__Instructions for the task__. When a line in the data below includes "judges", pick it out and copy it.

[Saved data entries]
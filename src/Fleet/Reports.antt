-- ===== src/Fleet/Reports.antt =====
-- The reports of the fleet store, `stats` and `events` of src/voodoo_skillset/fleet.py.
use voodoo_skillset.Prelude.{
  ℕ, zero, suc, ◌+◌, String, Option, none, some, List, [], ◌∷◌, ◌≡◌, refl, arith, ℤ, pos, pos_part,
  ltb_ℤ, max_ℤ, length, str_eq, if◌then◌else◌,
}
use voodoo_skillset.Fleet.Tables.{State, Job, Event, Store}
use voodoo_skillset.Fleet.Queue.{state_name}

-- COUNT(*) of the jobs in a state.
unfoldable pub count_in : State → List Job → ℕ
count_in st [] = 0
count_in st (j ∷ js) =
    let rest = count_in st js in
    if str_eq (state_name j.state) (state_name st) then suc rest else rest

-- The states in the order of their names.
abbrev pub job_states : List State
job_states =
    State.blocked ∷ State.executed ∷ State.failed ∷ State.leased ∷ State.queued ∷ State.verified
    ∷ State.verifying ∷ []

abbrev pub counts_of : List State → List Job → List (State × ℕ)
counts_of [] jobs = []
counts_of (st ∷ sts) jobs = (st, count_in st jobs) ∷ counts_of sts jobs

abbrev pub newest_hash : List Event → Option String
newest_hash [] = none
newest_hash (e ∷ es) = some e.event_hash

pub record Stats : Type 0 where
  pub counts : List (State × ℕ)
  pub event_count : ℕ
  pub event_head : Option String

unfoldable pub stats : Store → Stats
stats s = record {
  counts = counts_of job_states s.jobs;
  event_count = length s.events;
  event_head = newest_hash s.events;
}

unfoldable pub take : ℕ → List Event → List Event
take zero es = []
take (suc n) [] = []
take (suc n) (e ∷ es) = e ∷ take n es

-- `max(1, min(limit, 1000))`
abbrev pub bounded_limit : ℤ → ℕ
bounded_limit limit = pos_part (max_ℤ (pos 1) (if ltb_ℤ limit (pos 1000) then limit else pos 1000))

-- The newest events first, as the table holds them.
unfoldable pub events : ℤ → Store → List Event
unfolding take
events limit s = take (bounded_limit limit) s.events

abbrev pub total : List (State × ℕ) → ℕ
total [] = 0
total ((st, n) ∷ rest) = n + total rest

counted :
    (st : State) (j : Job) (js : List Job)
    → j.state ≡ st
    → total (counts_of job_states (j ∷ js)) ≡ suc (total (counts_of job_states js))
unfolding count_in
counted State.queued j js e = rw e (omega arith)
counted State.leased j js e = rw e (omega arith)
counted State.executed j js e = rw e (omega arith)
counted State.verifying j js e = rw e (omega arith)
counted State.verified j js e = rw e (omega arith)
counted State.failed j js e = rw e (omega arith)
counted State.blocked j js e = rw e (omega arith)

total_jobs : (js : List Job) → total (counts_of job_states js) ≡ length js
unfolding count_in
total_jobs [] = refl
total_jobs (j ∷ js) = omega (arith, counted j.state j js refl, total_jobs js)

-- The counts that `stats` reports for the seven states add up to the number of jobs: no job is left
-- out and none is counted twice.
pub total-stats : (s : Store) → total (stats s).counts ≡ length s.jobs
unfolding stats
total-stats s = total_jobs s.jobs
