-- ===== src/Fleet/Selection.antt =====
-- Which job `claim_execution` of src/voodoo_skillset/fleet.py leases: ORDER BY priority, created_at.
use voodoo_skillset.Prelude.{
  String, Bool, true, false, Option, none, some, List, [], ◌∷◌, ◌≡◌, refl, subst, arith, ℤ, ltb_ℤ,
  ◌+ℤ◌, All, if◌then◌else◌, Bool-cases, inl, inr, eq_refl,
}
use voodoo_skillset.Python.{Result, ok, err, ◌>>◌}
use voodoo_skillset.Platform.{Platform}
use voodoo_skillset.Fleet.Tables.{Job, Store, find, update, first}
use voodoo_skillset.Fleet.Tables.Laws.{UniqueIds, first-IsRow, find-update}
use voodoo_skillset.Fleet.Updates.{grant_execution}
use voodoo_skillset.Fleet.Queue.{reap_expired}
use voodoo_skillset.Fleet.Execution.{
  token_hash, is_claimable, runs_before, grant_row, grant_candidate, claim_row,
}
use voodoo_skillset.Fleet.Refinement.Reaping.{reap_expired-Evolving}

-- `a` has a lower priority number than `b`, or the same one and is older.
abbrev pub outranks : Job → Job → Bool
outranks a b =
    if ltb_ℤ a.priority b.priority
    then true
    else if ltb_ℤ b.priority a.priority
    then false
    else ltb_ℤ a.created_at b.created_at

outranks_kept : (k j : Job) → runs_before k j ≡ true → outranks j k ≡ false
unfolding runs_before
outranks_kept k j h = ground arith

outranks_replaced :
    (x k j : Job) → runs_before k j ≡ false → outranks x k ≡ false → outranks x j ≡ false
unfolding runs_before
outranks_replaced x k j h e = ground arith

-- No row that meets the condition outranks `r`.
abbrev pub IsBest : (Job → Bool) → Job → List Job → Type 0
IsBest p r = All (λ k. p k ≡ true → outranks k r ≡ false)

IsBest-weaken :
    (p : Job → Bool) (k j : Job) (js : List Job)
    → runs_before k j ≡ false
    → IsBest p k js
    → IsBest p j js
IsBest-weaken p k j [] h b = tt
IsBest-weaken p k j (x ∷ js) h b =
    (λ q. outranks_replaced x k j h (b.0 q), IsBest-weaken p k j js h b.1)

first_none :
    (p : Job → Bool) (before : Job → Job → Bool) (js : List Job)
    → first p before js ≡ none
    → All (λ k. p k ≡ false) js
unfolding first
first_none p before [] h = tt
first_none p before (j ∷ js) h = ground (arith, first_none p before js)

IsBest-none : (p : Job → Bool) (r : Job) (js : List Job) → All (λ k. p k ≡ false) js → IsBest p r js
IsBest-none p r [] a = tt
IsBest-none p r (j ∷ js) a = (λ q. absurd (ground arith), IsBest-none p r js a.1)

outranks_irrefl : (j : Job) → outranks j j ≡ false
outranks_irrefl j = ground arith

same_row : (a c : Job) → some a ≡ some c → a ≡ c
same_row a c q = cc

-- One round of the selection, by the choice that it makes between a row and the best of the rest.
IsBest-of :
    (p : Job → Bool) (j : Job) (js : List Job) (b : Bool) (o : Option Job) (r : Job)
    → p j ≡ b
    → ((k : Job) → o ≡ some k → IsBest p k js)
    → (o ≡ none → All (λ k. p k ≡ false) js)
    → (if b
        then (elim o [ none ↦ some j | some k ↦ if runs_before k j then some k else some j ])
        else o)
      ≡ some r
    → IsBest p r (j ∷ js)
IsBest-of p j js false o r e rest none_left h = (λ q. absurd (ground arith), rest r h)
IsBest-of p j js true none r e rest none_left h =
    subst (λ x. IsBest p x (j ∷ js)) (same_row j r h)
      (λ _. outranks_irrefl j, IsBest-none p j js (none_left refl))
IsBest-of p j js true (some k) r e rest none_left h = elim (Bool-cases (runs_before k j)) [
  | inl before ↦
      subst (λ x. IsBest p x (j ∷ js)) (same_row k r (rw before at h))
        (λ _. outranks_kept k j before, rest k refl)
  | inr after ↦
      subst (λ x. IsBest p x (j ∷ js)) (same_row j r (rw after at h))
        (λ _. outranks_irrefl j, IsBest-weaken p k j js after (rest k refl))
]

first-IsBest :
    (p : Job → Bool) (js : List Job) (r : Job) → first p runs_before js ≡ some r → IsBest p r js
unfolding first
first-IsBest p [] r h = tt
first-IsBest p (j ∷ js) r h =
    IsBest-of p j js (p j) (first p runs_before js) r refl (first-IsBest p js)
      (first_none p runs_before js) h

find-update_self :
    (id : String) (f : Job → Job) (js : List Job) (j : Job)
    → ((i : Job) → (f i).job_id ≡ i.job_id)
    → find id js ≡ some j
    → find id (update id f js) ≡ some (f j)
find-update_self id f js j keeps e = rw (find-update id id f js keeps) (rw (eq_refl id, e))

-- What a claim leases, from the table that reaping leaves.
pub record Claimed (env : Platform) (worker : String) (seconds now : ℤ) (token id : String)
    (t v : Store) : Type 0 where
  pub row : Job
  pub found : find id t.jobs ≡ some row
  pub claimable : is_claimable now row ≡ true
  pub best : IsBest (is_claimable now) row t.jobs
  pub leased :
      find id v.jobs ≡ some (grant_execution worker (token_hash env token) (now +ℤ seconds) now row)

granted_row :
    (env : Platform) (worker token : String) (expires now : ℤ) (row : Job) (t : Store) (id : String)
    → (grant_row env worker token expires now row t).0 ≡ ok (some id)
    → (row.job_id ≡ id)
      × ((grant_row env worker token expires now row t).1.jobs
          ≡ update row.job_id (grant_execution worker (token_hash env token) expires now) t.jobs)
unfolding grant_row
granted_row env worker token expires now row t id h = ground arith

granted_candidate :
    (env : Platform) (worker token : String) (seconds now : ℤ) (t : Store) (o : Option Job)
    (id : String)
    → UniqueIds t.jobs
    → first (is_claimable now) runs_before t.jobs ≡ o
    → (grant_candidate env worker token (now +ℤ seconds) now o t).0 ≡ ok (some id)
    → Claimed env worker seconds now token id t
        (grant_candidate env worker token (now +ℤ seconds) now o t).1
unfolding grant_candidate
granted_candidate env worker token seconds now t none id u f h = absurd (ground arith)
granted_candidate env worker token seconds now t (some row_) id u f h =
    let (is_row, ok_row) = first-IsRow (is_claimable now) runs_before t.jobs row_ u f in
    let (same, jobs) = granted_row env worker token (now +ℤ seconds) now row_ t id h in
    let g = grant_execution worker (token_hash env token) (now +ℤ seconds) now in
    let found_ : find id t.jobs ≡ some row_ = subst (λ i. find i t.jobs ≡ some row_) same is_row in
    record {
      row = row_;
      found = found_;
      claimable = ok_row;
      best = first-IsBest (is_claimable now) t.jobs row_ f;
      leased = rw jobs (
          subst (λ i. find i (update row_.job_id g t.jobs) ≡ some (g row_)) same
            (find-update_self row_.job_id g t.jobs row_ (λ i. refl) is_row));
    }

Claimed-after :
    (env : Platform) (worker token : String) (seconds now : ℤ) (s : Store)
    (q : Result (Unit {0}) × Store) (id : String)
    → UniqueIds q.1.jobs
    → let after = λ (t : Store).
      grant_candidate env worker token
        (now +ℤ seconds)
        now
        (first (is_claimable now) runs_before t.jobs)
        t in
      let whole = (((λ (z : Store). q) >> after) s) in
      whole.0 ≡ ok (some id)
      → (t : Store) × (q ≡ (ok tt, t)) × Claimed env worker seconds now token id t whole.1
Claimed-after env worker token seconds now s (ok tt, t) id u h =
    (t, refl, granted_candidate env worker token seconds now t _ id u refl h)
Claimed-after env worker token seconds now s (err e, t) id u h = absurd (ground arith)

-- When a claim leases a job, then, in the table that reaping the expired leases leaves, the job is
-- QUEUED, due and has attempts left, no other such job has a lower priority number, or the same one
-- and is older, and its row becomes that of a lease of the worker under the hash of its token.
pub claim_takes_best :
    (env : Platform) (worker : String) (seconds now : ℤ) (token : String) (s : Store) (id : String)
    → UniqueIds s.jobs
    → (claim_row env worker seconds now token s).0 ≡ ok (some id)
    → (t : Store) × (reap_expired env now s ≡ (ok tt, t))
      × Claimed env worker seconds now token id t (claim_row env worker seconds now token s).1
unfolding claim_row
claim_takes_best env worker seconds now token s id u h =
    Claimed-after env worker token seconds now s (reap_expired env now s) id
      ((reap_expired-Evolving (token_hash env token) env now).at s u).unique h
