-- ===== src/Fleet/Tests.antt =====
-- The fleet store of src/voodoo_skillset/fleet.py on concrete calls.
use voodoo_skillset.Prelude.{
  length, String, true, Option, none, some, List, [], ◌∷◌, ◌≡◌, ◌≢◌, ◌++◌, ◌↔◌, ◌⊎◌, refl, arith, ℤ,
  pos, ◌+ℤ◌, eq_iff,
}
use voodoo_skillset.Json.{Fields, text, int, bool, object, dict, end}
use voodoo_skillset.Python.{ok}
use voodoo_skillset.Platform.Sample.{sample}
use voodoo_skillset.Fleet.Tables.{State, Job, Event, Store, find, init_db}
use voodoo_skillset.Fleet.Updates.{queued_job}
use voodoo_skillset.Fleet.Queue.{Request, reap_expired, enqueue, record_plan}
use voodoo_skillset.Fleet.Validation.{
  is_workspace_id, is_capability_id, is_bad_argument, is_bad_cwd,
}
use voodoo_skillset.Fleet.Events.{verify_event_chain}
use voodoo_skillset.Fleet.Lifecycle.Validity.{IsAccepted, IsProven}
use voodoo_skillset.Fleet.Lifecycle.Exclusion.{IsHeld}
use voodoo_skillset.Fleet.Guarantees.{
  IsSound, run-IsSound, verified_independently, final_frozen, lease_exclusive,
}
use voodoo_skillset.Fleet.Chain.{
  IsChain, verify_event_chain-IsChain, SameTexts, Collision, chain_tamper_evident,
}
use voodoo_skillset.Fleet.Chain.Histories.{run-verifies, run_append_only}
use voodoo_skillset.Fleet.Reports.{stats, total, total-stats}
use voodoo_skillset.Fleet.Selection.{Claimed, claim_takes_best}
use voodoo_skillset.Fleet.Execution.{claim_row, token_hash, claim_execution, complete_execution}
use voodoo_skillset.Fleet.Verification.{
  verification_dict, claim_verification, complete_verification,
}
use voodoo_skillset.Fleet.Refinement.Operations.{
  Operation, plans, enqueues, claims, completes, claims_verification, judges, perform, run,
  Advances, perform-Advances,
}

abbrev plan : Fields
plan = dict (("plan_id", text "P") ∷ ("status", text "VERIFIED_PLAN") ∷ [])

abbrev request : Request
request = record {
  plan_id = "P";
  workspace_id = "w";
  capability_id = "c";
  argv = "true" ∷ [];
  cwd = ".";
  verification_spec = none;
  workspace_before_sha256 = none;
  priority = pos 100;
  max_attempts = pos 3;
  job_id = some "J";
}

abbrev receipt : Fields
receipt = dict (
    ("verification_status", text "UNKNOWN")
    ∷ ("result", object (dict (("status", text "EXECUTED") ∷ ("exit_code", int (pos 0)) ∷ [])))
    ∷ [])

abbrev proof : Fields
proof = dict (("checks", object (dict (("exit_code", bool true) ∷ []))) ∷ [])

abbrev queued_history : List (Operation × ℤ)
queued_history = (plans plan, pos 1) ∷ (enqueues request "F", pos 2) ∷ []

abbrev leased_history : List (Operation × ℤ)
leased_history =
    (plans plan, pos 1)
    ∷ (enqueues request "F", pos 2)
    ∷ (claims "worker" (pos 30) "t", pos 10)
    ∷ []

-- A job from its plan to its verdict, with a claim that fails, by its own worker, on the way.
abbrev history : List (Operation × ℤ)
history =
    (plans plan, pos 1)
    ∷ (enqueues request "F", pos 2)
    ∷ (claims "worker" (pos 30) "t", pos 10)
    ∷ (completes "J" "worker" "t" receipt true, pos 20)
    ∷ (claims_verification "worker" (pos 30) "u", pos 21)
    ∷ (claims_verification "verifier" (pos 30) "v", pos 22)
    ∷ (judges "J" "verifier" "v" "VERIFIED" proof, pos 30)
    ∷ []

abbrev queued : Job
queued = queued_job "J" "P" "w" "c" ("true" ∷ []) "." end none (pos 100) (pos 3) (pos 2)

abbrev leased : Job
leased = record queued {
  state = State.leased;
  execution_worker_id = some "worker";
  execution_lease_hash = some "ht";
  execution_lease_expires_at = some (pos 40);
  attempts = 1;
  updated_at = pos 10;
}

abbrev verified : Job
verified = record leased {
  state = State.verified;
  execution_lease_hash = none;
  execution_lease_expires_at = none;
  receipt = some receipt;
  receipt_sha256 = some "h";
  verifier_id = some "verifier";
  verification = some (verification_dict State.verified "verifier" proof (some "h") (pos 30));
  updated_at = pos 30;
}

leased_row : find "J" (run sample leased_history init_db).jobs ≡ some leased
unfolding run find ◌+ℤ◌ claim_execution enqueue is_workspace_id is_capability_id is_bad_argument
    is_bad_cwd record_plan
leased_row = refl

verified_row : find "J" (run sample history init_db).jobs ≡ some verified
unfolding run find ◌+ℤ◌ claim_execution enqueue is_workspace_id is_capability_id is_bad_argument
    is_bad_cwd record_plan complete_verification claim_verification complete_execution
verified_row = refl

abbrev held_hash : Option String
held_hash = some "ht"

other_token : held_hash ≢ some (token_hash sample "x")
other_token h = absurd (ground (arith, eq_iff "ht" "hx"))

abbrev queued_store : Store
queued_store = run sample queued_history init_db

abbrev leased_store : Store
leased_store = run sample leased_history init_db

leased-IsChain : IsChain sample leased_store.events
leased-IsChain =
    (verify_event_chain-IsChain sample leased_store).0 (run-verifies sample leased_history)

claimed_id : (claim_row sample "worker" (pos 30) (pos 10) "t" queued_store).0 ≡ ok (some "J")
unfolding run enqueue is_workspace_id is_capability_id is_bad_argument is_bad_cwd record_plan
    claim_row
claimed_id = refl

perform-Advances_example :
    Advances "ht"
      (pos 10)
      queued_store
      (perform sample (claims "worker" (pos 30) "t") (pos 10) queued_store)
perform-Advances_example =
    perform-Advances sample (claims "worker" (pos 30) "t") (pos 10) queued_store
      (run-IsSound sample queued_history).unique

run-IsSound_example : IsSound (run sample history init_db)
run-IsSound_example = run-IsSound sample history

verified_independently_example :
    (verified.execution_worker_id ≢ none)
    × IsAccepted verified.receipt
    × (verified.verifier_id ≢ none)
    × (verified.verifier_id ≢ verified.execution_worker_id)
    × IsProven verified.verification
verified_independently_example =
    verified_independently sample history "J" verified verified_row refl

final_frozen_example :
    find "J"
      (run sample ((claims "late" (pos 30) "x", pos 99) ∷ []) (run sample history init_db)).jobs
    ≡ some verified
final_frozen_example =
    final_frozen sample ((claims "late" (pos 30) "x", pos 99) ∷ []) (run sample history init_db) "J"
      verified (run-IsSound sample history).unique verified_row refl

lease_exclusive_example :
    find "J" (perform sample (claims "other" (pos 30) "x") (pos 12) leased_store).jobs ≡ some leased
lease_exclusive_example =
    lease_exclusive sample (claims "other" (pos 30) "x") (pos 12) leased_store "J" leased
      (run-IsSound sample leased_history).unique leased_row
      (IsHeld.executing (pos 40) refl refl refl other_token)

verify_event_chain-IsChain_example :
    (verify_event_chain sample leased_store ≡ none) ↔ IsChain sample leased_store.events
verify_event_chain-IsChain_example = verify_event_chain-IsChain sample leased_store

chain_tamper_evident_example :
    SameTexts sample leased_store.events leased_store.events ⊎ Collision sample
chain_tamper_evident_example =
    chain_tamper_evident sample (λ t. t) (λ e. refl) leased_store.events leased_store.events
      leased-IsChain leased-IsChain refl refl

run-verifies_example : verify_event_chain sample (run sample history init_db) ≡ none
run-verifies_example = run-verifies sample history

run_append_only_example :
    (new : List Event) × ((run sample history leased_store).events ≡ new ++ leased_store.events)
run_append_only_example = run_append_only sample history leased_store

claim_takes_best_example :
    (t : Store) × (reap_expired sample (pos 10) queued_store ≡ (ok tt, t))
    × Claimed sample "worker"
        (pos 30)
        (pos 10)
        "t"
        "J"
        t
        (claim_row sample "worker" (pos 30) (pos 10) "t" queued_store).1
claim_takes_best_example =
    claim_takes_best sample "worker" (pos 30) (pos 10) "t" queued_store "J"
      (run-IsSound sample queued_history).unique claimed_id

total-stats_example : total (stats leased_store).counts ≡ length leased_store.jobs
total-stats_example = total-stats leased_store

__Answer for the task__.
  Operation, plans, enqueues, claims, completes, claims_verification, judges, perform, run,
    ∷ (judges "J" "verifier" "v" "VERIFIED" proof, pos 30)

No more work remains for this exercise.